When Mel and Angie arrived at the festival the next day, they were greeted by two bright-eyed volunteers. Well, one bright-eyed volunteer and one tipsy one—Mel’s mother, Joyce, and her best buddy, Ginny.
“Oh, honey, how are you?” Joyce asked as she pulled Mel into a crusher hug.
“I’m fine,” Mel said, hugging her mother back just as tightly.
Joyce had checked on her the day before, but Mel was happy to see her again today. Her brother, Charlie, who lived in Flagstaff, had called repeatedly, and Mel had to admit that having her small family circle the wagons for her made her feel much more secure.
“We were shocked, just shocked, to hear about the dead guy in the freezer,” Ginny said. She patted Mel’s arm while taking a long sip from her water bottle. “And then we heard he was your old professor—didn’t see that one coming.”
“Thanks, Ginny.” Mel turned back to her mother. “Have you seen Grace?”
“No,” Joyce said. “And we’re under strict orders from Millicent to say nothing about the incident.”
“Incident?” Angie asked. “Since when is a dead man just an incident?”
“When it’s a dead man who might turn off forty thousand festival visitors,” Ginny answered.
“Ah,” Angie said.
“Any word on what they’re doing about the challenge to the chefs?” Mel asked.
“Bus
iness as usual,” Joyce said. “Because of yesterday’s chaos, they’ve put up a leader board, you know like in golf, so if you made it to the next round, you’re on it.”
Mel stared at her, and Joyce gave her a ghost of a smile. Then as if she couldn’t stand the suspense, she jumped up and down and said, “You’re in the lead!”
“We’re what?” Mel asked.
“In the lead, numero uno, tip-top,” Ginny said.
“I have to see this,” Angie said. She grabbed Mel’s arm and said, “Come on.”
They skirted the booths where restaurants were in the midst of setting up for the day and cut across the lawn. Mel couldn’t help glancing at where the bar had been yesterday. She noticed the trailer that Vic had been found in was gone, and she wondered if the police had impounded it.

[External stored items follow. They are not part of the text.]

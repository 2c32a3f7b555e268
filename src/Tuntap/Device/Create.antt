-- ===== src/Tuntap/Device/Create.antt =====
-- platform/linux/device.rs: `Device::new`. The system calls are parameters.
pub mod Held
use tache_rs.Prelude.{
  ℕ, ◌+◌, Bool, true, false, ◌==◌, ltb, if◌then◌else◌, Option, none, some, List, [], ◌∷◌, ◌⊎◌, inl,
  inr, length, replicate,
}
use tache_rs.Std.Exec.{Outcome, ok, err, panicked}
use tache_rs.Std.Int.{ℤ}
use tache_rs.Std.Io.{IoError}
use tache_rs.Std.Array.{overwrite}
use tache_rs.Tuntap.Error.{Error, nul_in_name, name_too_long, io}
use tache_rs.Tuntap.Fd
use tache_rs.Tuntap.Fd.{Fd}
use tache_rs.Tuntap.Builder.{Configuration}
use tache_rs.Tuntap.Opening.{Host, owned, drop_device, with_ctl}
use tache_rs.Tuntap.Device.{Device, Syscall, ifnamsiz, has_nul}

abbrev pub iff_tun : ℕ
iff_tun = 0x0001

abbrev pub iff_no_pi : ℕ
iff_no_pi = 0x1000

pub record Creation (K : Type 0) : Type 0 where
  pub host : Host K
  pub open_tun : K → ℤ × K
  -- The name and the flags of the request; the call writes the name that was chosen.
  pub tunsetiff : ℤ → List ℕ → ℕ → Syscall K (List ℕ)

-- `CString::new`, and the check of its length.
abbrev pub check_name : Option (List ℕ) → Outcome Error (List ℕ)
check_name none = ok []
check_name (some name) =
    if has_nul name
    then err nul_in_name
    else if ltb ifnamsiz (length name + 1)
    then err name_too_long
    else ok name

unfoldable pub flags_of : Bool → ℕ
flags_of packet_information = iff_tun + (if packet_information then 0 else iff_no_pi)

module _ {K : Type 0} (sys : Creation K) where
  -- With the interface.
  abbrev pub with_interface : Fd → (IoError ⊎ List ℕ) × K → Outcome Error Device × K
  with_interface tun (inl e, k) = (err (io e), Fd.drop sys.host.posix tun k)
  with_interface tun (inr name, k) = with_ctl sys.host tun name (owned sys.host (sys.host.socket k))

  -- With the request, which is an array of 16 bytes; `panicked` is a copy outside of it.
  abbrev pub with_request : Fd → ℕ → Option (List ℕ) → K → Outcome Error Device × K
  with_request tun flags none k = (panicked, k)
  with_request tun flags (some req) k = with_interface tun (sys.tunsetiff tun.raw req flags k)

  -- With the descriptor of the interface.
  abbrev pub with_tun : List ℕ → ℕ → (IoError ⊎ Fd) × K → Outcome Error Device × K
  with_tun name flags (inl e, k) = (err (io e), k)
  with_tun name flags (inr tun, k) =
      with_request tun flags (overwrite 0 name (replicate ifnamsiz 0)) k

  abbrev pub with_name : Outcome Error (List ℕ) → ℕ → K → Outcome Error Device × K
  with_name (ok name) flags k = with_tun name flags (owned sys.host (sys.open_tun k))
  with_name (err e) flags k = (err e, k)
  with_name panicked flags k = (panicked, k)

  unfoldable pub new : Configuration → K → Outcome Error Device × K
  unfolding owned drop_device flags_of
  new config k = with_name (check_name config.name) (flags_of config.platform.packet_information) k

They reached the stretch of the mall where their cooking dais was situated, and sure enough, mounted above the cooking area was a huge billboard and Fairy Tale Cupcakes was at the top.

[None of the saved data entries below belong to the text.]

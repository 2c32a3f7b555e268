-- ===== src/Tuntap/Opening/Held.antt =====
-- The descriptors that a program holds while a device is opened.
use tache_rs.Prelude.{
  ℕ, ◌≡◌, refl, ◌∙◌, arith, Bool, true, false, ◌==◌, if◌then◌else◌, List, [], ◌∷◌, ◌⊎◌, inl, inr,
  Bool-cases,
}
use tache_rs.Std.Exec.{Outcome, ok, err, panicked}
use tache_rs.Std.Int.{ℤ, pos, negsuc, is_negative}
use tache_rs.Std.Io.{IoError}
use tache_rs.Tuntap.Error.{Error}
use tache_rs.Tuntap.Fd
use tache_rs.Tuntap.Fd.{Fd}
use tache_rs.Tuntap.Device.{Device}
use tache_rs.Tuntap.Opening.{Host, owned, drop_device, configured, with_ctl}

abbrev same_int : ℤ → ℤ → Bool
same_int (pos n) (pos m) = n == m
same_int (negsuc n) (negsuc m) = n == m
same_int _ _ = false

same_int_refl : (z : ℤ) → same_int z z ≡ true
same_int_refl (pos n) = ground arith
same_int_refl (negsuc n) = ground arith

same_int_sym : (a b : ℤ) → same_int a b ≡ true → same_int b a ≡ true
same_int_sym (pos n) (pos m) h = ground arith
same_int_sym (negsuc n) (negsuc m) h = ground arith
same_int_sym (pos n) (negsuc m) h = cc
same_int_sym (negsuc n) (pos m) h = cc

-- The list without the first `fd`.
abbrev pub remove : ℤ → List ℤ → List ℤ
remove fd [] = []
remove fd (x ∷ xs) = let rest = remove fd xs in if same_int x fd then xs else x ∷ rest

remove_first : (fd : ℤ) (xs : List ℤ) → remove fd (fd ∷ xs) ≡ xs
remove_first fd xs = rw (same_int_refl fd) refl

-- The one of two is removed, and then the other.
remove_both : (a b : ℤ) (xs : List ℤ) → remove b (remove a (b ∷ a ∷ xs)) ≡ xs
remove_both a b xs = elim (Bool-cases (same_int b a)) [
  | inl same ↦ rw (same, same_int_sym b a same) refl
  | inr other ↦ rw (other, same_int_refl a, same_int_refl b) refl
]

module _ {K : Type 0} (host : Host K) (held : K → List ℤ) where
  -- A call that gives a descriptor adds it to those that are held.
  abbrev pub Gives : K → ℤ × K → Type 0
  Gives k (raw, k') = held k' ≡ (if is_negative raw then held k else raw ∷ held k)

  -- What the system does with the descriptors of the program.
  pub record Holds : Type 0 where
    pub socket : (k : K) → Gives k (host.socket k)
    pub close : (fd : ℤ) (k : K) → held (host.posix.close fd k) ≡ remove fd (held k)
    pub configure : (dev : Device) (k : K) → held (host.configure dev k).1 ≡ held k

  -- A result of `new` on the state `k`, and the state behind it.
  abbrev pub Keeps : List ℤ → Outcome Error Device × K → Type 0
  Keeps before (ok dev, k) = held k ≡ dev.ctl.raw ∷ dev.tun.raw ∷ before
  Keeps before (err e, k) = held k ≡ before
  Keeps before (panicked, k) = ⊥

  abbrev pub Owns : List ℤ → (IoError ⊎ Fd) × K → Type 0
  Owns before (inl e, k) = held k ≡ before
  Owns before (inr fd, k) = (held k ≡ fd.raw ∷ before) × (is_negative fd.raw ≡ false)

  pub owned-Owns : (k : K) (r : ℤ × K) → Gives k r → Owns (held k) (owned host r)
  unfolding owned Fd.new
  owned-Owns k (pos n, k') h = (h, refl)
  owned-Owns k (negsuc n, k') h = h

  module _ (holds : Holds) (before : List ℤ) where
    pub drop_one :
        (fd : Fd) (k : K)
        → held k ≡ fd.raw ∷ before
        → is_negative fd.raw ≡ false
        → held (Fd.drop host.posix fd k) ≡ before
    unfolding Fd.drop
    drop_one fd k h valid = rw (valid, holds.close fd.raw k, h) (remove_first fd.raw before)

    drop_two :
        (dev : Device) (k : K)
        → held k ≡ dev.ctl.raw ∷ dev.tun.raw ∷ before
        → is_negative dev.tun.raw ≡ false
        → is_negative dev.ctl.raw ≡ false
        → held (drop_device host dev k) ≡ before
    unfolding drop_device Fd.drop
    drop_two dev k h tun ctl =
        rw
          (
            tun,
            ctl,
            holds.close dev.ctl.raw (host.posix.close dev.tun.raw k),
            holds.close dev.tun.raw k,
            h,
          )
          (remove_both dev.tun.raw dev.ctl.raw before)

    configured-Keeps :
        (dev : Device) (r : (Error ⊎ Unit {0}) × K)
        → held r.1 ≡ dev.ctl.raw ∷ dev.tun.raw ∷ before
        → is_negative dev.tun.raw ≡ false
        → is_negative dev.ctl.raw ≡ false
        → Keeps before (configured host dev r)
    configured-Keeps dev (inl e, k) h tun ctl = drop_two dev k h tun ctl
    configured-Keeps dev (inr _, k) h tun ctl = h

    pub with_ctl-Keeps :
        (tun : Fd) (name : List ℕ) (r : (IoError ⊎ Fd) × K)
        → Owns (tun.raw ∷ before) r
        → is_negative tun.raw ≡ false
        → Keeps before (with_ctl host tun name r)
    with_ctl-Keeps tun name (inl e, k) h valid = drop_one tun k h valid
    with_ctl-Keeps tun name (inr ctl, k) h valid =
        configured-Keeps _ (host.configure _ k) (holds.configure _ k ∙ h.0) valid h.1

“I’ll be damned,” Mel said. “Look at that.”
She quickly perused the board and noticed that Confections was listed third after Polly’s Cookies.

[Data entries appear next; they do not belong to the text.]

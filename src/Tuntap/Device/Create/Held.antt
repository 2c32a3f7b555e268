-- ===== src/Tuntap/Device/Create/Held.antt =====
-- The descriptors that a program holds before and after `Device::new`.
use tache_rs.Prelude.{
  ℕ, subst, ◌+◌, ◌≡◌, ◌<◌, refl, ◌∙◌, arith, false, ltb, Option, none, some, List, [], ◌∷◌, ◌⊎◌,
  inl, inr, length, Bool-cases,
}
use tache_rs.Std.Int.{ℤ, is_negative}
use tache_rs.Std.Io.{IoError}
use tache_rs.Std.Array.{overwrite-filled, filled}
use tache_rs.Tuntap.Fd.{Fd}
use tache_rs.Tuntap.Device.{ifnamsiz, has_nul}
use tache_rs.Tuntap.Builder.{Configuration}
use tache_rs.Tuntap.Opening.{owned}
use tache_rs.Tuntap.Opening.Held.{Gives, Holds, Keeps, Owns, owned-Owns, drop_one, with_ctl-Keeps}
use tache_rs.Tuntap.Device.Create.{
  Creation, check_name, flags_of, with_interface, with_tun, with_name, new,
}

module _ {K : Type 0} (sys : Creation K) (held : K → List ℤ) where
  -- What the system does with the descriptors of the program.
  pub record HoldsTun : Type 0 where
    pub host : Holds sys.host held
    pub open_tun : (k : K) → Gives sys.host held k (sys.open_tun k)
    pub tunsetiff :
        (fd : ℤ) (name : List ℕ) (flags : ℕ) (k : K)
        → held (sys.tunsetiff fd name flags k).1 ≡ held k

  module _ (holds : HoldsTun) (before : List ℤ) where
    with_interface-Keeps :
        (tun : Fd) (r : (IoError ⊎ List ℕ) × K)
        → held r.1 ≡ tun.raw ∷ before
        → is_negative tun.raw ≡ false
        → Keeps sys.host held before (with_interface sys tun r)
    with_interface-Keeps tun (inl e, k) h valid =
        drop_one sys.host held holds.host before tun k h valid
    with_interface-Keeps tun (inr name, k) h valid =
        with_ctl-Keeps sys.host held holds.host before tun name (owned sys.host (sys.host.socket k))
          (subst (λ (l : List ℤ). Owns sys.host held l (owned sys.host (sys.host.socket k))) h
            (owned-Owns sys.host held k (sys.host.socket k) (holds.host.socket k)))
          valid

    with_tun-Keeps :
        (name : List ℕ) (flags : ℕ) (r : (IoError ⊎ Fd) × K)
        → length name < ifnamsiz
        → Owns sys.host held before r
        → Keeps sys.host held before (with_tun sys name flags r)
    with_tun-Keeps name flags (inl e, k) short h = h
    with_tun-Keeps name flags (inr tun, k) short h =
        rw (overwrite-filled [] name 16 0 refl (omega arith)) (
          with_interface-Keeps tun (sys.tunsetiff tun.raw (filled name 16) flags k)
            (holds.tunsetiff tun.raw (filled name 16) flags k ∙ h.0) h.1)

  with_name-Keeps :
      HoldsTun
      → (name : Option (List ℕ)) (flags : ℕ) (k : K)
      → Keeps sys.host held (held k) (with_name sys (check_name name) flags k)
  with_name-Keeps holds none flags k =
      with_tun-Keeps holds (held k) [] flags (owned sys.host (sys.open_tun k)) (omega arith)
        (owned-Owns sys.host held k (sys.open_tun k) (holds.open_tun k))
  with_name-Keeps holds (some name) flags k = elim (Bool-cases (has_nul name)) [
    | inl nul ↦ rw nul refl
    | inr plain ↦ elim (Bool-cases (ltb 16 (length name + 1))) [
      | inl long ↦ rw (plain, long) refl
      | inr short ↦
          let fits : length name < 16 = ground arith in
          rw (plain, short)
            (with_tun-Keeps holds (held k) name flags (owned sys.host (sys.open_tun k)) fits
              (owned-Owns sys.host held k (sys.open_tun k) (holds.open_tun k)))
    ]
  ]

-- The system adds a descriptor to those of the program where it gives one, takes it away where
-- it is closed, and changes nothing else of them. Then `new` never copies outside of the
-- request: it returns a device that has two more descriptors than the program had, or it fails
-- and leaves the program with those that it had, whichever of its steps went wrong.
pub new-Keeps :
    {K : Type 0}
    → (sys : Creation K) (held : K → List ℤ) (config : Configuration) (k : K) → HoldsTun sys held
    → Keeps sys.host held (held k) (new sys config k)
unfolding new
new-Keeps sys held config k holds =
    with_name-Keeps sys held holds config.name (flags_of config.platform.packet_information) k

Angie pumped her fist and let out a very unsportsmanlike whoop. Given the circumstances with Vic, Mel couldn’t get that enthused, but she did feel a surge of satisfaction that was impossible to deny.
“Don’t get too used to it,” a voice snarled from behind them. “This is just the first cut.”
Mel whirled around to find Olivia and her sous-chef glaring at them. She wondered if Olivia had any other look or if she suffered from an advanced case of permascowl.
“Oh, I don’t think it’s for us to get used to,” Angie said. “I’d say that’s more your problem, ’cause we’re number one and we’re planning to stay there.”
“Hunh,” Olivia grunted. “That’s going to be kind of hard now that your little judge buddy is dead.”
Mel felt a blast of white-hot anger light her up from the inside with the explosive force of gunpowder. Olivia did not deserve to even utter Vic’s name, never mind be dismissive of his death.